* **Exercise requirements**: In the listing below, pick out lines with "antt".

· · ·

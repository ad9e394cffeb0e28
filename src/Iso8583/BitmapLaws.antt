-- ===== src/Iso8583/BitmapLaws.antt =====
-- Lemmas on the bitmaps of a set of field numbers, written and read back.
use mathlib.Core.Path.{ap₂}
use atlas_pay.Prelude.{
  leb, nat_beq, if◌then◌else◌, Bool-cases, all, keep, nat_eq, text_eq, mem, ℕ, zero, suc, ◌+◌, ◌-◌,
  ◌^◌, ◌≤◌, ◌<◌, ◌≡◌, refl, sym, ap, ◌∙◌, inl, inr, Bool, true, false, not, ◌&&◌, ◌||◌, List, [],
  ◌∷◌, ◌++◌, arith,
}
use atlas_pay.Prelude.Bits.{
  set_bit, test_bit, test_bit-of_zero, test_bit-set_bit, set_bit-lt, to_bytes, from_bytes,
  from_bytes-to_bytes,
}
use atlas_pay.Prelude.Sorting.{
  range_from, sorted, IsDistinct, in_range, keep-range_append, keep-range_none, sorted-keep,
}
use atlas_pay.Iso8583.Bitmap.{
  has_secondary, mark_fields, bitmaps, secondary_bytes, primary_numbers, secondary_numbers,
  decode_field_numbers,
}

abbrev pub are_field_numbers : List ℕ → Bool
are_field_numbers = all (in_range 2 128)

mark_fields-primary :
    (ks : List ℕ) (p s n : ℕ)
    → are_field_numbers ks ≡ true
    → 1 ≤ n
    → n ≤ 64
    → test_bit (mark_fields ks p s).0 (64 - n) ≡ (mem n ks || test_bit p (64 - n))
unfolding mark_fields
mark_fields-primary [] p s n h u v = refl
mark_fields-primary (k ∷ ks) p s n h u v = ground (
  arith,
  mark_fields-primary ks (if leb k 64 then set_bit p (64 - k) else p)
      (if leb k 64 then s else set_bit s (128 - k)) n,
  test_bit-set_bit p (64 - k) (64 - n),
)

mark_fields-secondary :
    (ks : List ℕ) (p s n : ℕ)
    → are_field_numbers ks ≡ true
    → 65 ≤ n
    → n ≤ 128
    → test_bit (mark_fields ks p s).1 (128 - n) ≡ (mem n ks || test_bit s (128 - n))
unfolding mark_fields
mark_fields-secondary [] p s n h u v = refl
mark_fields-secondary (k ∷ ks) p s n h u v = ground (
  arith,
  mark_fields-secondary ks (if leb k 64 then set_bit p (64 - k) else p)
      (if leb k 64 then s else set_bit s (128 - k)) n,
  test_bit-set_bit s (128 - k) (128 - n),
)

mark_fields-lt :
    (ks : List ℕ) (p s : ℕ)
    → are_field_numbers ks ≡ true
    → p < 2 ^ 64
    → s < 2 ^ 64
    → ((mark_fields ks p s).0 < 2 ^ 64) × ((mark_fields ks p s).1 < 2 ^ 64)
unfolding mark_fields
mark_fields-lt [] p s h u v = (u, v)
mark_fields-lt (k ∷ ks) p s h u v = elim (Bool-cases (leb k 64)) [
  | inl low ↦
      rw (low, mark_fields)
        (mark_fields-lt ks _ _ (ground arith) (set_bit-lt 64 p (64 - k) u (ground arith)) v)
  | inr high ↦
      rw (high, mark_fields)
        (mark_fields-lt ks _ _ (ground arith) u (set_bit-lt 64 s (128 - k) v (ground arith)))
]

-- The loops over the bits of a bitmap keep the numbers whose bit is set.
primary_numbers-keep :
    (p : ℕ) (q : ℕ → Bool) (b c : ℕ)
    → ((j : ℕ) → j < 64 → (test_bit p (63 - j) && not (nat_beq (j + 1) 1)) ≡ q (j + 1))
    → b + c ≤ 64
    → primary_numbers p (range_from b c) ≡ keep q (range_from (b + 1) c)
unfolding primary_numbers
primary_numbers-keep p q b zero h u = refl
primary_numbers-keep p q b (suc c) h u =
    let e : suc b + 1 ≡ suc (b + 1) = omega arith in
    let ih = primary_numbers-keep p q (suc b) c h (omega arith) in
    ground (arith, h b (omega arith), rw e at ih)

secondary_numbers-keep :
    (s : ℕ) (q : ℕ → Bool) (b c : ℕ)
    → ((j : ℕ) → j < 64 → test_bit s (63 - j) ≡ q (j + 65))
    → b + c ≤ 64
    → secondary_numbers s (range_from b c) ≡ keep q (range_from (b + 65) c)
unfolding secondary_numbers
secondary_numbers-keep s q b zero h u = refl
secondary_numbers-keep s q b (suc c) h u =
    let e : suc b + 65 ≡ suc (b + 65) = omega arith in
    let ih = secondary_numbers-keep s q (suc b) c h (omega arith) in
    ground (arith, h b (omega arith), rw e at ih)

mem-above : (ks : List ℕ) (j : ℕ) → has_secondary ks ≡ false → 65 ≤ j → mem j ks ≡ false
mem-above [] j h u = refl
mem-above (k ∷ ks) j h u = ground (arith, mem-above ks j)

one-mem : (ks : List ℕ) → are_field_numbers ks ≡ true → mem 1 ks ≡ false
one-mem [] h = refl
one-mem (k ∷ ks) h = ground (arith, one-mem ks)

start_bits :
    (b : Bool) (j : ℕ) → 1 ≤ j → j < 64 → test_bit (if b then set_bit 0 63 else 0) (63 - j) ≡ false
start_bits true j u v = ground (arith, test_bit-set_bit 0 63 (63 - j), test_bit-of_zero (63 - j))
start_bits false j u v = test_bit-of_zero (63 - j)

start-lt : (b : Bool) → (if b then set_bit 0 63 else 0) < 2 ^ 64
start-lt true = set_bit-lt 64 0 63 (omega arith) (omega arith)
start-lt false = omega arith

with_secondary :
    (p s : ℕ)
    → decode_field_numbers p (to_bytes 8 s)
      ≡ primary_numbers p (range_from 0 64)
        ++ secondary_numbers (from_bytes (to_bytes 8 s)) (range_from 0 64)
unfolding decode_field_numbers to_bytes
with_secondary p s = refl

without_secondary : (p : ℕ) → decode_field_numbers p [] ≡ primary_numbers p (range_from 0 64) ++ []
unfolding decode_field_numbers
without_secondary p = refl

widen :
    (ks : List ℕ)
    → are_field_numbers ks ≡ true
    → all (λ k. leb 1 k && leb (suc k) (1 + 128)) ks ≡ true
widen [] h = refl
widen (k ∷ ks) h = ground (arith, widen ks)

module _ (ks : List ℕ) (h : are_field_numbers ks ≡ true) where
  primary_bit :
      (j : ℕ)
      → j < 64
      → (test_bit (bitmaps ks).0 (63 - j) && not (nat_beq (j + 1) 1)) ≡ mem (j + 1) ks
  primary_bit zero u = ground (arith, one-mem ks h)
  primary_bit (suc j) u =
      let e : 64 - (suc j + 1) ≡ 63 - suc j = omega arith in
      let p = if has_secondary ks then set_bit 0 63 else 0 in
      let marked = mark_fields-primary ks p 0 (suc j + 1) h (omega arith) (omega arith) in
      ground (arith, rw e at marked, start_bits (has_secondary ks) (suc j) (omega arith) u)

  secondary_bit : (j : ℕ) → j < 64 → test_bit (bitmaps ks).1 (63 - j) ≡ mem (j + 65) ks
  secondary_bit j u =
      let e : 128 - (j + 65) ≡ 63 - j = omega arith in
      let p = if has_secondary ks then set_bit 0 63 else 0 in
      let marked = mark_fields-secondary ks p 0 (j + 65) h (omega arith) (omega arith) in
      ground (arith, rw e at marked, test_bit-of_zero (63 - j))

  flag_bit : (b : Bool) → test_bit (if b then set_bit 0 63 else 0) 63 ≡ b
  flag_bit true = rw test_bit-set_bit refl
  flag_bit false = test_bit-of_zero 63

  -- The flag of the secondary bitmap is set exactly if there is one.
  pub bitmap_flag : test_bit (bitmaps ks).0 63 ≡ has_secondary ks
  bitmap_flag =
      let p = if has_secondary ks then set_bit 0 63 else 0 in
      ground (
        arith,
        mark_fields-primary ks p 0 1 h (omega arith) (omega arith),
        one-mem ks h,
        flag_bit (has_secondary ks),
      )

  bitmaps-lt : ((bitmaps ks).0 < 2 ^ 64) × ((bitmaps ks).1 < 2 ^ 64)
  bitmaps-lt = mark_fields-lt ks _ 0 h (start-lt (has_secondary ks)) (omega arith)

  pub primary-bytes : from_bytes (to_bytes 8 (bitmaps ks).0) ≡ (bitmaps ks).0
  primary-bytes = from_bytes-to_bytes 8 (bitmaps ks).0 bitmaps-lt.0

  pub secondary-bytes : from_bytes (to_bytes 8 (bitmaps ks).1) ≡ (bitmaps ks).1
  secondary-bytes = from_bytes-to_bytes 8 (bitmaps ks).1 bitmaps-lt.1

  primary_part :
      primary_numbers (bitmaps ks).0 (range_from 0 64) ≡ keep (λ j. mem j ks) (range_from 1 64)
  primary_part = primary_numbers-keep (bitmaps ks).0 (λ j. mem j ks) 0 64 primary_bit (omega arith)

  secondary_part :
      secondary_numbers (bitmaps ks).1 (range_from 0 64) ≡ keep (λ j. mem j ks) (range_from 65 64)
  secondary_part =
      secondary_numbers-keep (bitmaps ks).1 (λ j. mem j ks) 0 64 secondary_bit (omega arith)

  sorted_numbers :
      IsDistinct ks
      → keep (λ j. mem j ks) (range_from 1 64) ++ keep (λ j. mem j ks) (range_from 65 64)
        ≡ sorted ks
  sorted_numbers d =
      keep-range_append (λ j. mem j ks) 1 64 64 ∙ sym (sorted-keep ks 1 128 d (widen ks h))

  decode_either :
      (b : Bool)
      → has_secondary ks ≡ b
      → IsDistinct ks
      → decode_field_numbers (bitmaps ks).0 (if b then to_bytes 8 (bitmaps ks).1 else [])
        ≡ sorted ks
  decode_either true e d =
      with_secondary (bitmaps ks).0 (bitmaps ks).1
      ∙ ap
          (λ s.
            primary_numbers (bitmaps ks).0 (range_from 0 64)
            ++ secondary_numbers s (range_from 0 64))
          secondary-bytes
      ∙ ap₂ ◌++◌ primary_part secondary_part
      ∙ sorted_numbers d
  decode_either false e d =
      without_secondary (bitmaps ks).0
      ∙ ap₂ ◌++◌ primary_part
          (sym (keep-range_none (λ j. mem j ks) 65 64 (λ j u. mem-above ks j e u)))
      ∙ sorted_numbers d

  -- The numbers that the decoder finds are the encoded numbers, in order.
  pub decode_field_numbers-bitmaps :
      IsDistinct ks → decode_field_numbers (bitmaps ks).0 (secondary_bytes ks) ≡ sorted ks
  decode_field_numbers-bitmaps d = decode_either (has_secondary ks) refl d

· · ·

* **Problem solution**:
filename src/Iso8583/BitmapLaws.antt
-- ===== src/Iso8583/BitmapLaws.antt =====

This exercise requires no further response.